START DATA TO USE
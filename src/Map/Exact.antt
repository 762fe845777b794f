-- ===== src/Map/Exact.antt =====
-- common/map.c: the divisors and the search with numbers of any size, for the functions whose `int`s
-- may overflow.
use cfio.Prelude.{
  ℕ, zero, suc, ◌+◌, ◌-◌, ◌*◌, ◌%◌, Bool, true, false, ◌&&◌, List, [], ◌∷◌, ◌++◌, some, ltb, leb,
  ◌==◌, if◌then◌else◌, length, get_or,
}
use cfio.Map.{Scan, mirrored, note_min}

-- The divisors from `i` up to the square root, ascending.
unfoldable pub small_divisors : ℕ → ℕ → ℕ → List ℕ
small_divisors zero i n = []
small_divisors (suc fuel) i n =
    let rest = small_divisors fuel (i + 1) n in
    if leb (i * i) n then (if n % i == 0 then i ∷ rest else rest) else []

unfoldable pub divisors : ℕ → List ℕ
unfolding small_divisors mirrored
divisors n =
    let factor = small_divisors n 1 n in
    let index = length factor - 1 in
    let last = get_or factor index 0 in
    factor ++ mirrored (if last * last == n then index else index + 1) factor n

-- One round of the search.
unfoldable pub walk_step : List ℕ → List ℕ → ℕ → Scan → Bool × Scan
walk_step factor_x factor_y best s =
    let mul = get_or factor_x s.index_x 0 * get_or factor_y (s.rows - 1) 0 in
    if mul == best
    then (true, record s { min_sub = 0; min_index = some (s.index_x, s.rows) })
    else if ltb mul best
    then (false, note_min (record s { index_x = s.index_x + 1 }) (best - mul))
    else (false, note_min (record s { rows = s.rows - 1 }) (mul - best))

unfoldable pub walk : ℕ → List ℕ → List ℕ → ℕ → Scan → Scan
unfolding walk_step
walk zero factor_x factor_y best s = s
walk (suc fuel) factor_x factor_y best s =
    let (done, s') = walk_step factor_x factor_y best s in
    let rest = walk fuel factor_x factor_y best s' in
    if ltb s.index_x (length factor_x) && ltb 0 s.rows then (if done then s' else rest) else s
END DATA TO USE
**TASK PROMPT:** Give the number of lines in the listing that hold the string "Exact", and supply nothing further.

**EXERCISE RESPONSE:** 2